AI Security’s Biggest Mistake: Treating the Agent Like the User
By
Martin Srb
·
1 minute read
Many enterprises still assume an AI agent is safe as long as it only accesses what the user can access.
That assumption is starting to break down.
In agentic environments, the real risk is not only what data the AI can open. It is what the AI can infer, combine, and act on across systems at machine speed. Harmless fragments in isolation can become highly sensitive once the agent connects them in context.
That is where traditional permission models, DLP rules, and static filters become insufficient.
“Same access as the user” is not a strong enough security model.
Think about how we work as humans.
When you go to HR for a contract amendment, the HR officer does not get an automated summary of your entire email history or private Teams chats just to update a document. They get the context needed for that specific job, and nothing more.

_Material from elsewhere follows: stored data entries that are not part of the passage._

-- ===== src/Controller/Dependencies/Readiness.antt =====
-- What it means that `checkDependencies` returns no error.
use fork_kustomize_controlle.Prelude.{
  if◌then◌else◌, Bool, true, false, not, ◌&&◌, ◌||◌, List, [], ◌∷◌, ◌≡◌, refl, arith, ◌==◌, eqb,
  inl, inr, ◌⊎◌,
}
use fork_kustomize_controlle.Errors.{Err, Result, ok, err}
use fork_kustomize_controlle.Api.{Kustomization, DependencyReference, ready}
use fork_kustomize_controlle.Controller.{
  Reconciler, direct, NamespacedName, Artifact, History, Env, State, raise, lift, call, attempt,
  ◌>>=◌,
}
use fork_kustomize_controlle.Controller.Frames.Chains.{then_cases}
use fork_kustomize_controlle.Controller.Dependencies.{
  ◌then_result◌, expression_result, dependency_name, same_source, check_read, built_in_check,
  eval_ready_expr, check_dependency, check_each, check_dependencies,
}

Result-cases : {A : Type 0} (x : Result A) → ((e : Err) × (x ≡ err e)) ⊎ ((v : A) × (x ≡ ok v))
Result-cases (ok v) = inr (v, refl)
Result-cases (err e) = inl (e, refl)

module _ (r : Reconciler) (env : Env) (obj : Kustomization) (a : Artifact) where
  -- What the object read for a dependency must satisfy.
  pub record Ready (dep : Kustomization) : Type 0 where
    pub observed : eqb dep.generation dep.status.observed_generation ≡ true
    pub is_ready : env.conditions.is_status_condition_true dep.status.conditions ready ≡ true
    pub up_to_date :
        same_source dep obj ≡ true → env.has_revision a dep.status.last_applied_revision ≡ true

  Ready-built_in_check :
      (name : NamespacedName) (dep : Kustomization)
      → built_in_check r env obj a name dep ≡ ok tt
      → Ready dep
  unfolding built_in_check
  Ready-built_in_check name dep h = record {
    observed = ground (arith, h);
    is_ready = ground (arith, h);
    up_to_date = λ s. ground (arith, h, s);
  }

  -- The built-in check is not left out for the dependency.
  abbrev pub is_checked : DependencyReference → Bool
  is_checked ref = ref.ready_expr == "" || r.additive_cel_dependency_check

  -- What holds of a dependency after the loop: an object was read under its name. Unless the
  -- built-in check is replaced it is ready, and an expression evaluated to true on it.
  pub record Satisfied (ref : DependencyReference) : Type 0 where
    pub history : History
    pub dep : Kustomization
    pub read : env.get_kustomization history direct (dependency_name obj ref) ≡ ok dep
    pub checked : is_checked ref ≡ true → Ready dep
    pub evaluated :
        (ref.ready_expr == "") ≡ false → eval_ready_expr r env ref.ready_expr obj dep ≡ ok true

  abbrev pub AllSatisfied : List DependencyReference → Type 0
  AllSatisfied [] = Unit
  AllSatisfied (ref ∷ refs) = Satisfied ref × AllSatisfied refs

  then_result-eq-ok :
      (m k : Result (Unit {0})) → (m then_result k) ≡ ok tt → (m ≡ ok tt) × (k ≡ ok tt)
  then_result-eq-ok (ok u) k h = (refl, h)
  then_result-eq-ok (err e) k h = cc

  eq-ok-true :
      (name : NamespacedName) (x : Result Bool) → expression_result name x ≡ ok tt → x ≡ ok true
  eq-ok-true name (ok true) h = refl
  eq-ok-true name (ok false) h = cc
  eq-ok-true name (err e) h = cc

  module _ (ref : DependencyReference) (h : History) (dep : Kustomization) where
    abbrev name : NamespacedName
    name = dependency_name obj ref

    Satisfied-check_read :
        env.get_kustomization h direct name ≡ ok dep
        → check_read r env obj a ref name dep ≡ ok tt
        → Satisfied ref
    unfolding check_read
    Satisfied-check_read read passed =
        let (expression, built_in) = then_result-eq-ok evaluation _ passed in
        record {
          history = h;
          dep = dep;
          read = read;
          checked = λ c. Ready-built_in_check name dep (made c built_in);
          evaluated = λ given. eq-ok-true name _ (rw given at expression);
        }
      where
        evaluation : Result (Unit {0})
        evaluation =
            if not (ref.ready_expr == "")
            then expression_result name (eval_ready_expr r env ref.ready_expr obj dep)
            else ok tt

        skipped :
            is_checked ref ≡ true
            → (not (ref.ready_expr == "") && not r.additive_cel_dependency_check) ≡ false
        skipped c = ground (arith, c)

        made :
            is_checked ref ≡ true
            → (if not (ref.ready_expr == "") && not r.additive_cel_dependency_check
                then ok tt
                else built_in_check r env obj a name dep)
              ≡ ok tt
            → built_in_check r env obj a name dep ≡ ok tt
        made c b = rw (skipped c) at b

  Satisfied-check_dependency :
      (ref : DependencyReference) (s : State)
      → (check_dependency r env obj a ref s).0 ≡ ok tt
      → Satisfied ref
  unfolding check_dependency attempt call lift raise ◌>>=◌
  Satisfied-check_dependency ref s passed =
      elim (Result-cases (env.get_kustomization s.history direct (dependency_name obj ref))) [
        | inl (e, failed) ↦ cc (rw failed at passed)
        | inr (dep, read) ↦ Satisfied-check_read ref s.history dep read (rw read at passed)
      ]

  AllSatisfied-check_each :
      (refs : List DependencyReference) (s : State)
      → (check_each r env obj a refs s).0 ≡ ok tt
      → AllSatisfied refs
  unfolding check_each
  AllSatisfied-check_each [] s passed = tt
  AllSatisfied-check_each (ref ∷ refs) s passed =
      then_cases (λ p. p.0 ≡ ok tt → AllSatisfied (ref ∷ refs)) _ _ s (λ e q. λ h. cc)
        (λ u q. λ h. (Satisfied-check_dependency ref s q, AllSatisfied-check_each refs _ h)) passed

  -- If `checkDependencies` returns no error, then for every dependency of the spec an object was
  -- read under its name. Unless a CEL expression stands in its place, the built-in check passed on
  -- that object: its generation is observed, its Ready condition is true and, if it is made from
  -- the same source, it was applied at the revision of the artifact. And the expression, if there
  -- is one, evaluated to true.
  pub check_dependencies-AllSatisfied :
      (s : State) → (check_dependencies r env obj a s).0 ≡ ok tt → AllSatisfied obj.spec.depends_on
  unfolding check_dependencies
  check_dependencies-AllSatisfied s =
      then_cases (λ p. p.0 ≡ ok tt → AllSatisfied obj.spec.depends_on) _ _ s (λ e q. λ h. cc)
        λ u q. AllSatisfied-check_each obj.spec.depends_on _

AI agents should work the same way. Not as supercharged assistants with broad inherited access, but as Digital Employees:
➡️ with a defined purpose
➡️ with explicitly bounded authority
➡️ with access limited to what is needed for that job
➡️ with traceable actions and accountable ownership
The safer path is not a more powerful assistant. It is a purpose-bound digital employee operating within clear guardrails.
If you do not define the AI’s role, scope, and authority, you are not governing it. You are only hoping its access pattern stays benign.